For ‘Social’ Economists

Posted by Alex M Thomas on 27th April 2011

Over the past years, I have come across many students of economics who complain about the irrelevance of economics to understand practical issues. Among them, some go on to choose sociology, which is considered to be more practical and realistic. This post is for those who think that the dominant practice of economics is not done the right way. It is certainly possible to be a ‘social’ economist. In fact, this post is about ‘social’ economists and not about social economics, a distinct field in economics, which comprises economists who think ethics, values, philosophy, culture, etc are important.

Social economics/socio-economics/new social economics are emerging fields within economics whose central premise is that one cannot study an economy meaningfully without paying attention to social institutions, culture, beliefs, etc. It is disturbing to know that the practitioners of social economics, socio-economics and new social economics distinguish their work among themselves. This trend is largely because of the urge to be ‘pioneers’ in ‘emerging’ areas in economics. The following extracts from The Elgar Companion to Social Economics shows this clash of identity:

“The association that promotes socio-economics, the Society for  the Advancement of Socio-economics (SASE) advertises itself rightly as  an interdisciplinary organization. In recent years, socio-economists have  increasingly used insights from biology, in addition to psychology and sociology.”

“The association that promotes social economics, the  Association for Social Economics (ASE), presents itself as a pluralistic  organization that emphasizes the role of social values and social relationships in economics. Social economists have a variety of additional orientations, including institutionalism, Marxism, feminism, post-Keynesian,  Kantianism, solidarism, neo-Schumpeterian, environmentalism and  cooperativism. ”

“There is also a quite recent literature termed the ‘new social economics’,  which begins with market relationships, and then seeks to add ‘non-economic’ social content to their analysis. That is, rather than embed the  economy in social relationships, these more recent contributions seek to  embed social relationships in the market. ”
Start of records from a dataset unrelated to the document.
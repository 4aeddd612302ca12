-- ===== src/Examples/Users.antt =====
-- A profile of internal/users.
use cyandie_backend.Common.{false, none, some, [], ◌∷◌, ◌≡◌, refl}
use cyandie_backend.Core.Errors.{ok}
use cyandie_backend.Db.Users.{Accounts, AccountEnv, get_user_by_id}
use cyandie_backend.Db.Users
use cyandie_backend.Uuid.Unary.{unary_codec}
use cyandie_backend.Users.{User, UpdateProfileRequest, get_user, update_profile}
use cyandie_backend.Users.Profiles.{get_user-update_profile}

abbrev row_of_eve : Users.User
row_of_eve = record {
  id = 0;
  username = "eve";
  email = none;
  display_name = none;
  avatar_url = some "a.png";
  status = "active";
}

abbrev accounts : Accounts
accounts = record { users = row_of_eve ∷ []; credentials = [] }

abbrev account_env : AccountEnv
account_env = record { fails = λ q. false; new_id = 5 }

abbrev rename : UpdateProfileRequest
rename = record { display_name = some "Eve"; avatar_url = none }

abbrev shown : User
shown = record {
  id = "i";
  username = "eve";
  email = "";
  display_name = "";
  avatar_url = "a.png";
  status = "active";
}

before : (get_user unary_codec account_env "i" accounts).0 ≡ ok shown
unfolding get_user get_user_by_id
before = refl

done : (update_profile unary_codec account_env "i" rename accounts).0 ≡ ok tt
unfolding update_profile Users.update_user_profile
done = refl

get_user-update_profile_example :
    (get_user unary_codec account_env "i"
      (update_profile unary_codec account_env "i" rename accounts).1).0
    ≡ ok (record shown { display_name = "Eve" })
get_user-update_profile_example =
    get_user-update_profile unary_codec account_env account_env "i" rename accounts shown before
      done
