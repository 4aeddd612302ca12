-- ===== src/Examples/Wiring.antt =====
-- The chat server with the services that cmd/server/main.go gives it.
use cyandie_backend.Common.{true, false, none, some, [], ◌∷◌, ◌≡◌, ◌≢◌, ◌↔◌, refl, arith}
use cyandie_backend.Uuid.Unary.{unary_codec}
use cyandie_backend.Friends.Memory.{memory_redis}
use cyandie_backend.Friends.Blocks.{block, is_blocked, drop_friendship}
use cyandie_backend.Db.Social
use mathlib.Core.List.{Memᴰ}
use cyandie_backend.Db.Rooms.{ChatRoomMember}
use cyandie_backend.Core.Errors.{ok}
use cyandie_backend.Db.Users.{User, get_user_by_id, get_credential_by_type_identifier}
use cyandie_backend.Auth.Memory.{memory_client, plain_crypto, write_claims, write}
use cyandie_backend.Auth.Service.{generate_token_pair, login}
use cyandie_backend.Auth.Service.Login.{IsAdmitted}
use cyandie_backend.Auth.Sessions.{create}
use cyandie_backend.Auth.Tokens.{sign, generate_access_token}
use cyandie_backend.Chat.Messages.{
  send_message_request, envelope, auth_request, auth_response, auth_ok,
}
use cyandie_backend.Chat.Service.Hub.{ChatService, on_conn, send_envelope, send_error}
use cyandie_backend.Chat.Service.Rooms.{handle_auth}
use cyandie_backend.Chat.Service.Entry.{token_validator, handle_auth-login}
use cyandie_backend.Chat.Service.Messages.{handle_send_message, is_stopped}
use cyandie_backend.Chat.Service.Blocking.{block_checker, handle_send_message-block}
use cyandie_backend.Chat.Service.Blocking.Others.{is_stopped-block}
use cyandie_backend.Examples.Friends.{alice, bob, friends, answers, blocked_ok}
use cyandie_backend.Examples.Friends
use cyandie_backend.Examples.Auth.{key, newer, moment, store, pair, accounts}
use cyandie_backend.Examples.Auth
use cyandie_backend.Examples.Chat.{protobuf, env, hub, joined}

-- Alice has blocked Bob.
abbrev svc : ChatService
svc = record {
  block_checker = some (
      block_checker memory_redis unary_codec Friends.svc Friends.env
        (block memory_redis unary_codec Friends.svc Friends.env alice bob "spam" friends).1);
  has_presence_setter = true;
  token_validator = none;
}

handle_send_message-block_example :
    handle_send_message protobuf unary_codec svc env (send_message_request "ii" "hi" "text") hub
    ≡ send_error protobuf "FORBIDDEN" "you are blocked by a room member" hub
handle_send_message-block_example =
    handle_send_message-block protobuf unary_codec memory_redis Friends.svc svc env Friends.env
      Friends.env bob "spam" "ii" "hi" "text" 1 friends hub answers blocked_ok refl refl refl joined
      refl refl

logged :
    (login memory_client plain_crypto
      (key ∷ [])
      unary_codec
      Auth.env
      moment
      accounts
      "eve"
      "pw"
      store).0
    ≡ ok pair
unfolding login generate_token_pair generate_access_token sign create get_user_by_id
    get_credential_by_type_identifier
logged = refl

abbrev guarded : ChatService
guarded = record {
  block_checker = none;
  has_presence_setter = false;
  token_validator = some (token_validator plain_crypto (newer ∷ key ∷ []) 900);
}

handle_auth-login_example :
    (user : User) × IsAdmitted plain_crypto Auth.env accounts "eve" "pw" user
    × (handle_auth protobuf unary_codec guarded env (auth_request pair.access_token "Eve") hub
        ≡ send_envelope protobuf
            (envelope auth_ok (auth_response (unary_codec.format user.id) ""))
            (on_conn
              (λ k. record k { user_id = unary_codec.format user.id; username = "Eve" })
              hub))
unfolding write_claims write
handle_auth-login_example =
    handle_auth-login protobuf unary_codec guarded env memory_client plain_crypto (newer ∷ []) key
      [] Auth.env moment accounts "eve" "pw" store pair 900 "Eve" hub logged (omega arith) refl refl

-- Bob has blocked Alice.
bob_blocked :
    (block memory_redis unary_codec Friends.svc Friends.env bob alice "rude" friends).0 ≡ ok tt
unfolding block drop_friendship Social.create_block_relation Social.get_friendship_by_users
    Social.delete_friendship_by_users
bob_blocked = refl

abbrev after_bob : ChatService
after_bob = record {
  block_checker = some (
      block_checker memory_redis unary_codec Friends.svc Friends.env
        (block memory_redis unary_codec Friends.svc Friends.env bob alice "rude" friends).1);
  has_presence_setter = true;
  token_validator = none;
}

is_stopped-block_example : (is_stopped protobuf unary_codec after_bob env 1 hub ≡ true) ↔ (
    (m : ChatRoomMember) × Memᴰ m hub.tables.members
    × (m.room_id ≡ 1)
    × (unary_codec.format m.user_id ≢ hub.conn.user_id)
    × ((is_blocked memory_redis unary_codec Friends.svc Friends.env hub.conn.user_id
          (unary_codec.format m.user_id)
          friends).0
        ≡ ok true))
is_stopped-block_example =
    is_stopped-block protobuf unary_codec memory_redis Friends.svc after_bob env Friends.env
      Friends.env bob alice "rude" 1 friends hub tt (λ e. cc) bob_blocked refl refl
In any case, these emergent fields indicate a dissatisfaction with the dominant economics profession. However, in their haste to carve out a separate field, the essentials are often lost. The adjective social prefixed to economics indicates the existence of an economy which cannot be clearly demarcated from the society in any clear fashion. Moreover, this usage also emphasises the role of how society is organised. The following are some questions pertaining to the economic aspects: Are the people motivated by reason? To what extent does profits motivate entrepreneurs? On what basis are people employed – caste, gender, religion, academic qualification, political connections, bribes, region? Can we visualise distinct social classes in the economy based on their ownership of land? What are the sort of interactions which take place between agricultural, manufacturing and service sectors? How is finance organised in the country? How important are informal sources of finance? Does labour laws apply to all sorts of employment? How does the government intervene in domestic production and consumption of commodities are services? What sorts of price and quantity controls exist? These are some of the questions which aid in understanding how the economic aspects of a society are organised.
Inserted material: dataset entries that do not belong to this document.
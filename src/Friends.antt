-- ===== src/Friends.antt =====
-- internal/friends: friendships, blocks and presence.
pub mod Redis
pub mod Memory
pub mod State
pub mod Blocks
pub mod Requests
pub mod Presence
pub mod Handlers
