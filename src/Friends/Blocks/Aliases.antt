-- ===== src/Friends/Blocks/Aliases.antt =====
-- `Block` of internal/friends/service.go keys the cache, and compares the two users, by the texts of
-- the request. A UUID has several texts.
use cyandie_backend.Common.{
  ℕ, String, true, false, some, [], ◌∷◌, ◌++◌, ◌≡◌, ◌≢◌, arith, str_eq_ne, any,
}
use cyandie_backend.Core.Errors.{ok}
use cyandie_backend.Db.Rows.{null_string}
use cyandie_backend.Db.Social.{Env, create_block_relation_q, is_block_of, new_block}
use cyandie_backend.Uuid.{UuidCodec}
use cyandie_backend.Friends.Redis.{Redis}
use cyandie_backend.Friends.State.{FriendsService, World, blocked_key}
use cyandie_backend.Friends.Blocks.{block, cached_block}

module _ (x : Redis) (u : UuidCodec) (svc : FriendsService) (env : Env) where
  -- A block of a user under another text than the canonical one has no effect on what the cache answers
  -- for the canonical text, whoever asks, while Redis answers.
  pub cached_block-block_alias :
      (blocker blocked reason : String) (target : String) (blid : ℕ) (w : World x.Store)
      → x.Up w.cache
      → u.parse blocked ≡ some blid
      → blocked ≢ u.format blid
      → cached_block x u svc env target
          (u.format blid)
          (block x u svc env blocker blocked reason w).1
        ≡ cached_block x u svc env target (u.format blid) w
  unfolding block cached_block
  cached_block-block_alias blocker blocked reason target blid w up parsed alias = ground (
    arith,
    x.s_is_member-s_add (blocked_key blocker) blocked (blocked_key target) (u.format blid) w.cache
        up,
    str_eq_ne blocked (u.format blid) alias,
  )

  -- A user can block themself under a second text of their id, while the insertion works and the pair is
  -- not there: the request succeeds and the row is stored.
  pub block_self :
      (blocker blocked reason : String) (id : ℕ) (w : World x.Store)
      → u.parse blocker ≡ some id
      → u.parse blocked ≡ some id
      → blocker ≢ blocked
      → env.fails create_block_relation_q ≡ false
      → env.is_user id ≡ true
      → any (is_block_of id id) w.tables.blocks ≡ false
      → ((block x u svc env blocker blocked reason w).0 ≡ ok tt)
        × ((block x u svc env blocker blocked reason w).1.tables.blocks
            ≡ w.tables.blocks ++ new_block env id id (null_string reason) ∷ [])
  unfolding block
  block_self blocker blocked reason id w eb ed ne up user free =
      let differ = str_eq_ne blocker blocked ne in
      (
        ground (arith, eb, ed, differ, up, user, free),
        ground (arith, eb, ed, differ, up, user, free),
      )
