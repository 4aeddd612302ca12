-- ===== src/Friends/Presence/Notices.antt =====
-- `SetOnline` and `SetOffline` of internal/friends/service.go: whom the notifier is told of, and when.
use cyandie_backend.Common.{
  ℕ, String, true, false, ◌&&◌, some, List, [], ◌∷◌, ◌++◌, ◌≡◌, refl, arith, if◌then◌else◌, str_eq,
  str_eq_refl, ◌==◌, ltb, any, any-keep, any-map, keep, ◌∙◌,
}
use cyandie_backend.Core.Errors.{ok}
use cyandie_backend.Db.Rows.{order_desc, any-order_desc}
use cyandie_backend.Db.Social.{Friendship, Env, list_friends_q}
use cyandie_backend.Db.Social
use cyandie_backend.Uuid.{UuidCodec}
use cyandie_backend.Friends.Redis.{Redis}
use cyandie_backend.Friends.State.{
  FriendsService, World, Call, notify_online, notify_offline, online_key, rows_or_nil,
}
use cyandie_backend.Friends.Presence.Online.{is_friend_row, are_friends}
use cyandie_backend.Friends.Blocks.Cache.{str_eq-format}
use cyandie_backend.Friends.Presence.{
  set_online, set_offline, notify_friends, notified_ids, online_ttl,
}

module _ (x : Redis) (u : UuidCodec) (svc : FriendsService) (env : Env) where
  -- One notification: the state after it.
  notify_friends_lem :
      (user_id : String) (id : ℕ) (call : List String → Call) (w : World x.Store)
      → u.parse user_id ≡ some id
      → svc.has_notifier ≡ true
      → notify_friends x u svc env user_id call w ≡ (
        ok tt,
        record w {
          calls =
              w.calls
              ++ call (notified_ids x u svc env (rows_or_nil (Social.list_friends env id w.tables)))
                ∷ [];
        },
      )
  unfolding notify_friends
  notify_friends_lem user_id id call w parsed has = ground (arith, parsed)

  -- While Redis answers and the notifier is there, a user who was offline comes online: the notifier is
  -- called once more, with the rows of `ListFriends`.
  pub set_online_first :
      (user_id username : String) (id : ℕ) (w : World x.Store)
      → svc.has_rdb ≡ true
      → svc.has_notifier ≡ true
      → u.parse user_id ≡ some id
      → x.Up w.cache
      → x.exists (online_key user_id) w.cache ≡ some 0
      → (set_online x u svc env user_id username w).1.calls
        ≡ w.calls
          ++ notify_online user_id username
              (notified_ids x u svc env (rows_or_nil (Social.list_friends env id w.tables)))
            ∷ []
  unfolding set_online
  set_online_first user_id username id w rdb has parsed up off =
      let key = online_key user_id in
      let set = x.set_nx-new key username online_ttl w.cache up off in
      ground (
        arith,
        set,
        notify_friends_lem user_id id (notify_online user_id username)
            (record w { cache = (x.set_nx key username online_ttl w.cache).1 }) parsed has,
      )

  notify_friends-cache :
      (user_id : String) (call : List String → Call) (w : World x.Store)
      → (notify_friends x u svc env user_id call w).1.cache ≡ w.cache
  unfolding notify_friends
  notify_friends-cache user_id call w = ground arith

  -- After `SetOnline` the user's key stands, whatever became of the notification.
  set_online-exists :
      (user_id username : String) (w : World x.Store)
      → x.Up w.cache
      → svc.has_rdb ≡ true
      → let cache = (set_online x u svc env user_id username w).1.cache in
        (x.exists (online_key user_id) cache ≡ some 1) × x.Up cache
  unfolding set_online
  set_online-exists user_id username w up rdb =
      let key = online_key user_id in
      let s = (x.set_nx key username online_ttl w.cache).1 in
      let up' = x.set_nx-Up key username online_ttl w.cache up in
      let w' : World x.Store = record w { cache = s } in
      let same = notify_friends-cache user_id (notify_online user_id username) w' in
      (
        ground (
          arith,
          x.exists-set_nx key username online_ttl w.cache up,
          x.exists-expire key key online_ttl s up' (omega arith),
          same,
        ),
        ground (arith, up', x.expire-Up key online_ttl s up', same),
      )

  -- Where SETNX finds the key, nobody is notified.
  quiet :
      (user_id username : String) (w : World x.Store)
      → svc.has_rdb ≡ true
      → (x.set_nx (online_key user_id) username online_ttl w.cache).0 ≡ some false
      → (set_online x u svc env user_id username w).1.calls ≡ w.calls
  unfolding set_online
  quiet user_id username w rdb old = ground arith

  -- After a `SetOnline` while Redis answers, a further one of the same user, as each heartbeat makes,
  -- notifies nobody.
  pub set_online_again :
      (user_id username later : String) (w : World x.Store)
      → x.Up w.cache
      → svc.has_rdb ≡ true
      → let w' = (set_online x u svc env user_id username w).1 in
        (set_online x u svc env user_id later w').1.calls ≡ w'.calls
  unfolding set_online
  set_online_again user_id username later w up rdb =
      let (stands, up') = set_online-exists user_id username w up rdb in
      let w' = (set_online x u svc env user_id username w).1 in
      quiet user_id later w' rdb
        (x.set_nx-old (online_key user_id) later online_ttl w'.cache up' stands)

  -- `SetOffline` while Redis answers and the notifier is there: the key is gone afterwards, and the notifier is called, with the
  -- rows of `ListFriends`, exactly when the key was there.
  pub set_offline_lem :
      (user_id : String) (id n : ℕ) (w : World x.Store)
      → svc.has_rdb ≡ true
      → svc.has_notifier ≡ true
      → u.parse user_id ≡ some id
      → x.Up w.cache
      → x.exists (online_key user_id) w.cache ≡ some n
      → let w' = (set_offline x u svc env user_id w).1 in
        (x.exists (online_key user_id) w'.cache ≡ some 0)
        × (w'.calls ≡ (
            if ltb 0 n
            then w.calls
              ++ notify_offline user_id
                  (notified_ids x u svc env (rows_or_nil (Social.list_friends env id w.tables)))
                ∷ []
            else w.calls))
  unfolding set_offline
  set_offline_lem user_id id n w rdb has parsed up found =
      let key = online_key user_id in
      let w' : World x.Store = record w { cache = x.del key w.cache } in
      let told = notify_friends_lem user_id id (notify_offline user_id) w' parsed has in
      let gone = x.exists-del key key w.cache up in
      (ground (arith, found, told, gone, str_eq_refl key), ground (arith, found, told))

  -- Who is told: `v` is among the notified ids exactly when an accepted row of the user has `v` in its
  -- column `friend_id`.
  pub notified_ids_lem :
      (id v : ℕ) (w : World x.Store)
      → env.fails list_friends_q ≡ false
      → any
          (str_eq (u.format v))
          (notified_ids x u svc env (rows_or_nil (Social.list_friends env id w.tables)))
        ≡ any (λ f. is_friend_row id f && f.friend_id == v) w.tables.friendships
  unfolding notified_ids Social.list_friends
  notified_ids_lem id v w lists =
      let key = λ (f : Friendship). f.updated_at in
      let rows = order_desc key (keep (is_friend_row id) w.tables.friendships) in
      rw lists (
        any-map (str_eq (u.format v)) (λ (f : Friendship). u.format f.friend_id) rows
        ∙ any-order_desc _ key (keep (is_friend_row id) w.tables.friendships)
        ∙ any-keep _ (is_friend_row id) w.tables.friendships
        ∙ columns w.tables.friendships)
    where
      columns :
          (fs : List Friendship)
          → any (λ f. is_friend_row id f && str_eq (u.format v) (u.format f.friend_id)) fs
            ≡ any (λ f. is_friend_row id f && f.friend_id == v) fs
      columns [] = refl
      columns (f ∷ fs) = ground (arith, columns fs, str_eq-format u v f.friend_id)

  -- While the query works, a user with a friend, whose friendships all came from requests of others, does
  -- not have that friend among the notified ids, but has their own id there.
  pub notified_ids_self :
      (id v : ℕ) (w : World x.Store)
      → env.fails list_friends_q ≡ false
      → (v == id) ≡ false
      → any (λ f. f.user_id == id) w.tables.friendships ≡ false
      → are_friends id v w.tables.friendships ≡ true
      → let ids = notified_ids x u svc env (rows_or_nil (Social.list_friends env id w.tables)) in
        (any (str_eq (u.format v)) ids ≡ false) × (any (str_eq (u.format id)) ids ≡ true)
  notified_ids_self id v w lists ne received friends = (
    notified_ids_lem id v w lists ∙ none_told w.tables.friendships received,
    notified_ids_lem id id w lists ∙ self_told w.tables.friendships received friends,
  )
    where
      none_told :
          (fs : List Friendship)
          → any (λ f. f.user_id == id) fs ≡ false
          → any (λ f. is_friend_row id f && f.friend_id == v) fs ≡ false
      none_told [] h = refl
      none_told (f ∷ fs) h = ground (arith, none_told fs)

      self_told :
          (fs : List Friendship)
          → any (λ f. f.user_id == id) fs ≡ false
          → are_friends id v fs ≡ true
          → any (λ f. is_friend_row id f && f.friend_id == id) fs ≡ true
      self_told [] h k = cc
      self_told (f ∷ fs) h k = ground (arith, self_told fs)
Today, economists are asked for their opinion/advice on matters pertaining to financial crises, foreign exchange constraints, poverty, unemployment, inflation, rural development, etc. Only an economist who is reasonably aware of how the society is actually organised will be able to devise strategies and chart plans which can effectively tackle these economic issues. A ‘social’ economist is one who understands the complexity of social studies in general and of economics in particular. In addition, she will always resist the temptation to think in atomistic terms and will resist universal solutions. She will also be aware of the significance of non-market transactions.
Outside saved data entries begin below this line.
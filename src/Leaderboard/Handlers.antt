-- ===== src/Leaderboard/Handlers.antt =====
-- internal/leaderboard/handler.go: the handlers of `Handler`. A body that does not decode is none.
use cyandie_backend.Common.{zero, suc, String, Option, List, if◌then◌else◌, ltb}
use cyandie_backend.Common.Int.{ℤ, pos, negsuc}
use cyandie_backend.Core.Http.{
  Handler, respond_plain, with_body, with_user, finish, respond_ok_plain,
}
use cyandie_backend.Db.Boards.{BoardEnv}
use cyandie_backend.Uuid.{UuidCodec}
use cyandie_backend.Leaderboard.External.{Float64, SortedSets}
use cyandie_backend.Leaderboard.{Boards, RankEntry}
use cyandie_backend.Leaderboard

-- The limit, given what `limit, _ := strconv.Atoi(text)` leaves in it.
abbrev pub limit_of : ℤ → ℤ
limit_of (pos zero) = pos 20
limit_of (pos (suc n)) = if ltb 100 (suc n) then pos 20 else pos (suc n)
limit_of (negsuc n) = pos 20

module _ (fl : Float64) (z : SortedSets fl.Score) (u : UuidCodec) (env : BoardEnv) where
  -- `getRanking`, given the two numbers that `strconv.Atoi` leaves
  unfoldable pub get_ranking :
      String → ℤ → ℤ → Handler (Boards fl.Score z.Store) (List (RankEntry fl.Score))
  get_ranking code limit offset =
      finish (respond_plain 200) (Leaderboard.get_ranking fl z u env code (limit_of limit) offset)

  -- `submitScore`
  unfoldable pub submit_score :
      String → String → Option fl.Score → Handler (Boards fl.Score z.Store) String
  submit_score user_id code body = with_user user_id (
      with_body body
        λ score. finish respond_ok_plain (Leaderboard.submit_score fl z u env code user_id score))

  -- `getMyRank`
  unfoldable pub get_my_rank :
      String → String → Handler (Boards fl.Score z.Store) (RankEntry fl.Score)
  get_my_rank user_id code =
      with_user user_id
        (finish (respond_plain 200) (Leaderboard.get_user_rank fl z u env code user_id))
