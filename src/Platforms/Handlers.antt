-- ===== src/Platforms/Handlers.antt =====
-- internal/platforms/handler.go: the handlers of `Handler`. A body that does not decode is none.
use cyandie_backend.Common.{String, Option, List, [], ◌∷◌, map, if◌then◌else◌, str_eq}
use Prim.Native.String.{◌++◌ as append}
use cyandie_backend.Core.Errors.{Result, ok, err, panicked}
use cyandie_backend.Core.Http.{
  Response, sends, Handler, respond_plain, with_body, with_user, finish, respond_ok_plain,
}
use cyandie_backend.Db.Bindings.{PlatformBinding}
use cyandie_backend.Uuid.{UuidCodec}
use cyandie_backend.Platforms.Providers.{PlatformRegistry, list_platforms}
use cyandie_backend.Platforms.{
  PlatformTables, PlatformEnv, CallbackResult, handle_callback, bind_platform, unbind_platform,
}
use cyandie_backend.Platforms

pub record PlatformInfo : Type 0 where
  pub name : String
  pub capabilities : List String

pub record BindingInfo : Type 0 where
  pub platform : String
  pub platform_user_id : String

pub record AuthUrl : Type 0 where
  pub url : String
  pub state : String

abbrev pub mapped {ℓ κ} : {A : Type ℓ} {B : Type κ} → (A → B) → Result A → Result B
mapped f (ok a) = ok (f a)
mapped f (err e) = err e
mapped f panicked = panicked

-- `listPlatforms`
pub list_platforms_handler : PlatformRegistry → Response (List PlatformInfo)
list_platforms_handler r =
    sends 200 (map (λ name. record { name = name; capabilities = "oauth" ∷ [] }) (list_platforms r))

-- `getAuthURL`, given the digits of the time in nanoseconds
pub get_auth_url_handler : PlatformRegistry → String → String → String → Response AuthUrl
get_auth_url_handler r nanos name state =
    let state' = if str_eq state "" then append "st_" nanos else state in
    respond_plain 200
      (mapped (λ url. record { url = url; state = state' }) (Platforms.get_auth_url r name state'))

module _ (u : UuidCodec) (env : PlatformEnv) (r : PlatformRegistry) where
  -- `callback`
  unfoldable pub callback : String → Option String → Handler PlatformTables CallbackResult
  callback name body =
      with_body body λ code. finish (respond_plain 200) (handle_callback u env r name code)

  -- `bind`
  unfoldable pub bind : String → String → Option String → Handler PlatformTables String
  bind user_id name body =
      with_user user_id
        (with_body body λ code. finish respond_ok_plain (bind_platform u env r user_id name code))

  -- `unbind`
  unfoldable pub unbind : String → String → Handler PlatformTables String
  unbind user_id name =
      with_user user_id (finish respond_ok_plain (unbind_platform u env user_id name))

  -- `listBindings`
  unfoldable pub list_bindings : String → Handler PlatformTables (List BindingInfo)
  list_bindings user_id = with_user user_id λ w. (
    respond_plain 200 (
        mapped
          (map (λ (b : PlatformBinding). record {
            platform = b.platform;
            platform_user_id = b.platform_user_id;
          }))
          (Platforms.list_bindings u env user_id w)),
    w,
  )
Even if the dominant form of economics teaching and research is asocial, the academic enterprise of economics does give space to alternative approaches. However, one must be careful because some of these approaches appear ‘social’ but are in fact static and atomistic. A reading of Adam Smith, the father of economics, easily points to the role and significance of social values and institutions. It is for this reason that we need to return to classical economics, where, as one of the earlier posts argued, economics is  the study of commodities; but their economic analysis can easily incorporate social values and institutions as well.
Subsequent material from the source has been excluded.